Staying at my parents' place for more than three days has proved to be a trying affair. Not that I don't appreciate the free food and the decent toilet facilities (see previous post), but it's beginning to feel like I'm slowly being suffocated here.

I think it may have something to do with the fact that I work entirely at home and so there's no need to go out other than to buy the newspapers. The high point in my day occurs early in the morning when I conclude after a little justification that I DO deserve another hour of sleep.

Also, because I am a BAD BAD student who spends more time watching sitcoms instead of working on my essays, my deadlines are all over me and images of doom and F grades flash into my mind every time I think of going out to enjoy myself. Stepping into a 7-11 makes me feel bad about shopping.

Oh, and I also have no money, having not been paid by any of my employers. In the cosmic state of things, this is possibly ironic, because I am always late myself (it's a bad idea to make conclusions about waking up an hour later when you're sleepy and not thinking too straight). I'd appreciate the irony if the irony wasn't starving the part of my brain that says "I Give a Fuck".

That's Je m'en fous for you.

In any case, all this is contributing to my feeling like I'm an animal stuck in a cage. It's a pretty comfy cage with good food and decent toilet facilities, but then again so's prison. And in prison you also get sex (though you might not like THAT so much) and exercise to give you vigger muscles and make you tougher (then maybe after that you'll start liking the sex), but you always never hear about people wanting to get in.

Sadly, mother has in the past few days been pressurizing me to move back in. She's gotten better in the past years, and instead of blatantly pointing out that Good Sons Stay At Home With Their Mothers, she instead makes snide remarks about how much money I could save, and how lonely it is at home sometimes when there's no one to talk to (Brother is severely anti-familial relations, sister seems to always having PMS). It doesn't help that the majority of my friends and social circle are Good Sons and Daughters and don't understand why I'm doing this.

And I know, I know that I should just conform to the Asian standard, be a Good Boy and stay at home, but... it feels wrong, somehow, to do that. Even though there were the bad days and it always seems like I have to iron shirts, it's nice to have to be the one to have to do it. Not to say that I enjoy having not enough money and having to live off bread and water for a week sometimes, but it's... so much more than sitting at home watching Friends and waiting for mother to come home with dinner.

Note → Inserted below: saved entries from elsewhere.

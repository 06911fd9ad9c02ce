-- ===== src/MiniProgram/Tests.antt =====
-- Instances of the theorems on the mini program.
use materials_manager.Base.{
  ◌≡◌, ◌≢◌, ◌||◌, refl, text, some, true, false, [], ◌∷◌, All, if◌then◌else◌, arith,
}
use materials_manager.Core.Errors.{ErrorCode, app_error, app}
use materials_manager.Core.Tx.{ok, err, actions}
use materials_manager.Core.Common.{validate_version}
use materials_manager.Webhook.{enqueue_event, subscribed}
use materials_manager.Model.Stock.{MiniProgramUser}
use materials_manager.Model.Database.{Db, Env, empty_db}
use materials_manager.MiniProgram.{
  is_mini_program_registration_enabled, is_mini_program_new_user_enabled, user_row, owns, owner_of,
  merged_user, remove_user, put_user, MiniProgramUserMergeRequest, merge_users, login_with_wechat,
  new_user, create_user, register_user,
}
use materials_manager.MiniProgram.Merge.{merge_users-owner}
use materials_manager.MiniProgram.Registered.{register_user-login}

abbrev phone : MiniProgramUser
phone = record {
  id = 1;
  display_name = text "Li";
  department_name = text "d";
  enabled = true;
  identities = record { app_id = text "a"; wechat_openid = text "x" } ∷ [];
  version = 4;
}

abbrev tablet : MiniProgramUser
tablet = record phone {
  id = 2;
  identities = record { app_id = text "b"; wechat_openid = text "y" } ∷ [];
  version = 1;
}

abbrev two_accounts : Db
two_accounts = record empty_db { mini_program_users = tablet ∷ phone ∷ [] }

abbrev merge_request : MiniProgramUserMergeRequest
merge_request = record { source_user_id = 2; source_version = 1; target_version = 4 }

abbrev merged_db : Db
merged_db = remove_user 2 (put_user (merged_user phone tablet) two_accounts)

merges : merge_users 1 merge_request two_accounts ≡ ok (merged_user phone tablet, merged_db)
unfolding merge_users validate_version actions
merges = refl

merge_users-owner_example :
    (target : MiniProgramUser) × (source : MiniProgramUser) × (user_row 1 two_accounts
      ≡ some target)
    × (user_row 2 two_accounts ≡ some source)
    × ((merged_user phone tablet).id ≡ 1)
    × All (λ u. u.id ≢ 2) merged_db.mini_program_users
    × (owner_of (text "b") (text "y") merged_db ≡ (
        if owns (text "b") (text "y") target || owns (text "b") (text "y") source
        then some (merged_user phone tablet)
        else owner_of (text "b") (text "y") two_accounts))
merge_users-owner_example =
    merge_users-owner 1 merge_request (text "b") (text "y") two_accounts
      (merged_user phone tablet, merged_db)
      (
        (λ _. refl, (λ e. absurd (omega arith), tt)),
        ((λ e. absurd (omega arith), (λ _. refl, tt)), tt),
      )
      ((λ _. (λ _. refl, (λ e. absurd (cc), tt))), ((λ e. absurd (cc)), tt)) merges

abbrev evening : Env
evening = record { now = 700; event_id = text "e9" }

abbrev newcomer : MiniProgramUser
newcomer = new_user 1 (text "a") (text "x") (text "Wu") (text "d") true

abbrev bound_db : Db
bound_db = record empty_db { mini_program_users = newcomer ∷ []; next_mini_program_user_id = 2 }

registers :
    register_user evening (text "a") (text "x") (text "Wu") (text "d") empty_db
    ≡ ok (newcomer, bound_db)
unfolding register_user create_user is_mini_program_registration_enabled
    is_mini_program_new_user_enabled enqueue_event subscribed actions
registers = refl

register_user-login_example :
    (newcomer.enabled ≡ true
      → (login_with_wechat (text "a") (text "x") bound_db ≡ ok (some newcomer, bound_db))
        × (register_user evening (text "a") (text "x") (text "other") (text "e") bound_db
            ≡ ok (newcomer, bound_db)))
    × (newcomer.enabled ≡ false
        → login_with_wechat (text "a") (text "x") bound_db
          ≡ err (app (app_error ErrorCode.account_disabled (some 403))))
register_user-login_example =
    register_user-login evening (text "a") (text "x") (text "Wu") (text "d") evening (text "other")
      (text "e") empty_db (newcomer, bound_db) registers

I sometimes wonder if it's just my instinct to cut and run, run from my rather dysfunctional family (I'm willing to put mine up with good odds) and get away from the mess and responsibility of being an Asian Eldest Son (which means the parents are my job). I'd like to think otherwise, and that I'm as good a son as I can be given my circumstances, but if it means sacrificing my... (oh, the horror of cliches!) freedom I'm not sure if I shouldn't.

I hate most the fact that my father holds the high ground in this regard, but I know that if he'd had any choice in the matter in his day he'd have cut and run faster than I have, and tossed his belongings behind him and built a wall as well. My mother, whom I resemble more in temperament, is partly the reason I want to go. Mother would stay. She'd stay and stay and stay, no matter how bitter she became. And I don't want that to happen to me - cut the cord!

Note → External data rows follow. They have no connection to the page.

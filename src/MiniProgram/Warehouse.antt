-- ===== src/MiniProgram/Warehouse.antt =====
-- The secondary warehouse as the mini program shows it: the material part of
-- backend/app/services/mini_program_service.py, without the pictures' addresses.
pub mod Status
pub mod Tests
pub mod Outbound
use materials_manager.Base.{
  ℕ, ℤ, pos, ltb_ℤ, Text, text, text_eq, Option, none, some, Bool, true, false, List, [], ◌∷◌, ◌++◌,
  not, ◌&&◌, ◌||◌, ◌==◌, ltb, leb, any, find, keep, map, length, truthy?, strip, ◌+◌, if◌then◌else◌,
}
use materials_manager.Core.Errors.{ErrorCode, app_error, not_found}
use materials_manager.Core.Enums.{MiniProgramStockStatus}
use materials_manager.Core.Paging.{contains_any, order_rows, page_of}
use materials_manager.Core.Tx.{Tx, ◌>>=◌, gets, or_raise}
use materials_manager.Model.Stock.{StockMaterial, StockBalance, StockReplenishmentPolicy}
use materials_manager.Model.Database.{Db}
use materials_manager.Inventory.Replay.{balance_of}

-- `UUID` is compared as the text that the table holds.
unfoldable pub get_material : Text → Tx Db StockMaterial
get_material material_uuid = do
  item ← gets (λ db. find (λ m. text_eq m.uuid material_uuid) db.stock_materials)
  or_raise item not_found

abbrev pub balance_quantity : Option StockBalance → ℤ
balance_quantity none = pos 0
balance_quantity (some balance) = balance.quantity

-- `item.balance.quantity if item.balance else Decimal("0")`
abbrev pub current_qty : Db → StockMaterial → ℤ
current_qty db item = balance_quantity (balance_of item.id db)

abbrev pub is_low : ℤ → Option StockReplenishmentPolicy → Bool
is_low current none = false
is_low current (some policy) = policy.enabled && not (ltb_ℤ policy.minimum_qty current)

-- `_stock_status`
unfoldable pub stock_status : Db → StockMaterial → MiniProgramStockStatus
stock_status db item =
    if not (ltb_ℤ (pos 0) (current_qty db item))
    then MiniProgramStockStatus.out_of_stock
    else if is_low (current_qty db item) item.replenishment_policy
    then MiniProgramStockStatus.low_stock
    else MiniProgramStockStatus.normal

-- `StockReplenishmentPolicy.enabled.is_(True), current_qty <= StockReplenishmentPolicy.minimum_qty`, on the
-- row of an outer join.
abbrev pub policy_condition : ℤ → Option StockReplenishmentPolicy → Bool
policy_condition current none = false
policy_condition current (some policy) = policy.enabled && not (ltb_ℤ policy.minimum_qty current)

-- The condition of `list_inventory` on the status.
unfoldable pub status_condition : Option MiniProgramStockStatus → Db → StockMaterial → Bool
status_condition none db item = true
status_condition (some MiniProgramStockStatus.normal) db item = true
status_condition (some MiniProgramStockStatus.out_of_stock) db item =
    not (ltb_ℤ (pos 0) (current_qty db item))
status_condition (some MiniProgramStockStatus.low_stock) db item =
    ltb_ℤ (pos 0) (current_qty db item)
    && policy_condition (current_qty db item) item.replenishment_policy

abbrev pub newer : StockMaterial → StockMaterial → Bool
newer a b = ltb b.id a.id

module _ (contains : Text → Text → Bool) (keyword : Option Text) where
  abbrev pub keyword_condition : StockMaterial → Bool
  keyword_condition item =
      contains_any contains (some item.name ∷ item.name_id ∷ item.alias ∷ some item.model_spec ∷ [])
        keyword

module _ (contains : Text → Text → Bool) (keyword : Option Text)
    (status : Option MiniProgramStockStatus) where
  -- The rows of the query of `list_inventory`, in its order.
  unfoldable pub inventory_query : Db → List StockMaterial
  inventory_query db = order_rows newer (
      keep (λ item. keyword_condition contains keyword item && status_condition status db item)
        db.stock_materials)

  unfoldable pub list_inventory : ℕ → ℕ → Db → List StockMaterial × ℕ
  list_inventory page page_size db =
      (page_of page page_size (inventory_query db), length (inventory_query db))

-- `value.split(separator, maxsplit=1)[0]`
abbrev pub before_first : ℕ → Text → Text
before_first separator [] = []
before_first separator (c ∷ s) =
    let rest = before_first separator s in if c == separator then [] else c ∷ rest

-- `.replace("_", "-").lower()`. No letter outside ASCII has a lower case that is one of ASCII's `i`, `n`
-- or `d` alone, and only these are compared.
abbrev lower_code : ℕ → ℕ
lower_code c = if c == 95 then 45 else if leb 65 c && leb c 90 then c + 32 else c

abbrev language_code : Option Text → Text
language_code none = []
language_code (some language) =
    before_first 45 (map lower_code (strip (before_first 59 (before_first 44 language))))

abbrev name_or : Option Text → Text → Text
name_or value other = if truthy? value then (elim value [ some s ↦ s | none ↦ other ]) else other

abbrev with_alias : Text → Option Text → Text
with_alias name value =
    if truthy? value
    then (elim value [ some s ↦ name ++ text "（" ++ s ++ text "）" | none ↦ name ])
    else name

unfoldable pub localized_material_name : StockMaterial → Option Text → Text
localized_material_name item language =
    if text_eq (language_code language) (text "id") || text_eq (language_code language) (text "in")
    then name_or item.name_id item.name
    else with_alias item.name item.alias

pub record MiniProgramInventoryItemRead : Type 0 where
  pub uuid : Text
  pub name : Text
  pub model_spec : Text
  pub unit_name : Text
  pub current_qty : ℤ
  pub stock_status : MiniProgramStockStatus

abbrev pub inventory_item_read : Db → StockMaterial → Option Text → MiniProgramInventoryItemRead
inventory_item_read db item language = record {
  uuid = item.uuid;
  name = localized_material_name item language;
  model_spec = item.model_spec;
  unit_name = item.unit_name;
  current_qty = current_qty db item;
  stock_status = stock_status db item;
}

pub record MiniProgramMaterialRead : Type 0 where
  pub uuid : Text
  pub name : Text
  pub model_spec : Text
  pub unit_name : Text
  pub current_qty : ℤ
  pub stock_status : MiniProgramStockStatus
  pub minimum_qty : Option ℤ
  pub remark : Option Text
  pub images : List Text

abbrev shown_minimum : Option StockReplenishmentPolicy → Option ℤ
shown_minimum none = none
shown_minimum (some policy) = if policy.enabled then some policy.minimum_qty else none

-- `images` are the ids of the files.
abbrev pub material_read : Db → StockMaterial → Option Text → MiniProgramMaterialRead
material_read db item language = record {
  uuid = item.uuid;
  name = localized_material_name item language;
  model_spec = item.model_spec;
  unit_name = item.unit_name;
  current_qty = current_qty db item;
  stock_status = stock_status db item;
  minimum_qty = shown_minimum item.replenishment_policy;
  remark = item.remark;
  images = item.images;
}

It's gotten me thinking exactly what kind of circumstances would get me to move back home to take care of my parents. And they look a little too close for comfort. It's always been a foregone conclusion I have that I can run as much as I like now, but I'll return (however reluctantly) should the need arise. It's a Duty to Your Family thing, one of the things my parents taught me well, though I'd much rather they'd taught me Be More Productive and Don't Watch So Much TV or How to Play the Piano instead.

You always read about those awful awful children who put their parents in nursing homes? People who live on Moral High Ground probably don't reside in Reality Lane, or at least find the rent pretty high.

In any case, utilising another Life Skill my parents taught me - Ignore the Problem Until the Last Minute, I'm putting the decision off till December. I already know what I'm going to do, but... we don't always know what happens in life, do we?

3 Comments:

Anonymous Anonymous said...

Go get your dad involved in MLM or something, he'll earn income and be financially free!!!

On the other hand, it might lead to inheritence issues...  

2:29 AM
Blogger Unknown said...

Oh silly me, I'd completely forgotten how easy it was to suceed in MLM. Of course my dad, who has as much talent in sales as a chicken with flu, can make it big in the MLM business.  

9:17 AM
Anonymous Anonymous said...

Who knows? U might inherit a parcel of debts from your dad dabbling in MLM as well..and maybe slog your present life away just to clear them?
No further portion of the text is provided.